→ **YOUR OBJECTIVE**
Word for word, return the entries listed below.

→ **RECORDS FOR THE TASK**
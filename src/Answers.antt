-- ===== src/Answers.antt =====
-- The handlers whose answer does not depend on the state: those of services.go that answer a constant,
-- `AuthServerInfo`, `AccountVerifySecurityLocation`, `SessionBlockedServers` and `FrontWebManifest`.
use yggdrasil_authentication.Base.{true, false, [], ◌∷◌, Text, text}
use yggdrasil_authentication.Types.{
  no_content, json, player_attributes, blocklist, msa_migration, server_info, web_manifest,
}
use yggdrasil_authentication.Platform.{Platform}
use yggdrasil_authentication.Action.{App, Handler, ◌>>=◌, respond, or_return}
use yggdrasil_authentication.Services.{with_bearer_authentication}

module _ ⦃P : Platform⦄ (app : App P) where
  -- `ServicesPlayerAttributes`.
  unfoldable pub services_player_attributes : Text → Text → Handler
  services_player_attributes path header = with_bearer_authentication app path header λ user.
      respond (
        json 200 (
          player_attributes (record {
            privileges = record {
              online_chat = true;
              multiplayer_server = true;
              multiplayer_realms = false;
              telemetry = false;
              optional_telemetry = false;
            };
            profanity_filter_on = false;
          })))

  -- `ServicesMSAMigration`.
  unfoldable pub services_msa_migration : Text → Text → Handler
  services_msa_migration path header = with_bearer_authentication app path header λ user.
      respond (json 200 (msa_migration (record { feature = text "msamigration"; rollout = false })))

  -- `ServicesBlocklist`.
  unfoldable pub services_blocklist : Text → Text → Handler
  services_blocklist path header =
      with_bearer_authentication app path header λ user. respond (json 200 (blocklist []))

  -- `AuthServerInfo`.
  unfoldable pub auth_server_info : Handler
  auth_server_info = respond (
      json 200 (
        server_info (record {
          status = text "OK";
          runtime_mode = text "productionMode";
          application_author = text "Unmojang";
          application_description = [];
          specification_version = text "2.13.34";
          implementation_version = text "0.1.0";
          application_owner = app.config.application_owner;
        })))

  -- `AccountVerifySecurityLocation`.
  unfoldable pub account_verify_security_location : Handler
  account_verify_security_location = respond (no_content 204)

  -- `SessionBlockedServers`.
  unfoldable pub session_blocked_servers : Handler
  session_blocked_servers = respond (no_content 200)

  -- `FrontWebManifest`.
  unfoldable pub front_web_manifest : Handler
  front_web_manifest = do
    url ← or_return (P.url_join_path app.front_end_url (text "drasl/icon.png" ∷ []))
    respond (
        json 200 (
          web_manifest
            (record { src = url; icon_type = text "image/png"; sizes = text "512x512" } ∷ [])))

→ **REPLY TO THE TASK**
filename src/Answers.antt
-- ===== src/Answers.antt =====
-- The handlers whose answer does not depend on the state: those of services.go that answer a constant,
-- `AuthServerInfo`, `AccountVerifySecurityLocation`, `SessionBlockedServers` and `FrontWebManifest`.
use yggdrasil_authentication.Base.{true, false, [], ◌∷◌, Text, text}
use yggdrasil_authentication.Types.{
  no_content, json, player_attributes, blocklist, msa_migration, server_info, web_manifest,
}
use yggdrasil_authentication.Platform.{Platform}
use yggdrasil_authentication.Action.{App, Handler, ◌>>=◌, respond, or_return}
use yggdrasil_authentication.Services.{with_bearer_authentication}

module _ ⦃P : Platform⦄ (app : App P) where
  -- `ServicesPlayerAttributes`.
  unfoldable pub services_player_attributes : Text → Text → Handler
  services_player_attributes path header = with_bearer_authentication app path header λ user.
      respond (
        json 200 (
          player_attributes (record {
            privileges = record {
              online_chat = true;
              multiplayer_server = true;
              multiplayer_realms = false;
              telemetry = false;
              optional_telemetry = false;
            };
            profanity_filter_on = false;
          })))

  -- `ServicesMSAMigration`.
  unfoldable pub services_msa_migration : Text → Text → Handler
  services_msa_migration path header = with_bearer_authentication app path header λ user.
      respond (json 200 (msa_migration (record { feature = text "msamigration"; rollout = false })))

  -- `ServicesBlocklist`.
  unfoldable pub services_blocklist : Text → Text → Handler
  services_blocklist path header =
      with_bearer_authentication app path header λ user. respond (json 200 (blocklist []))

  -- `AuthServerInfo`.
  unfoldable pub auth_server_info : Handler
  auth_server_info = respond (
      json 200 (
        server_info (record {
          status = text "OK";
          runtime_mode = text "productionMode";
          application_author = text "Unmojang";
          application_description = [];
          specification_version = text "2.13.34";
          implementation_version = text "0.1.0";
          application_owner = app.config.application_owner;
        })))

  -- `AccountVerifySecurityLocation`.
  unfoldable pub account_verify_security_location : Handler
  account_verify_security_location = respond (no_content 204)

  -- `SessionBlockedServers`.
  unfoldable pub session_blocked_servers : Handler
  session_blocked_servers = respond (no_content 200)

  -- `FrontWebManifest`.
  unfoldable pub front_web_manifest : Handler
  front_web_manifest = do
    url ← or_return (P.url_join_path app.front_end_url (text "drasl/icon.png" ∷ []))
    respond (
        json 200 (
          web_manifest
            (record { src = url; icon_type = text "image/png"; sizes = text "512x512" } ∷ [])))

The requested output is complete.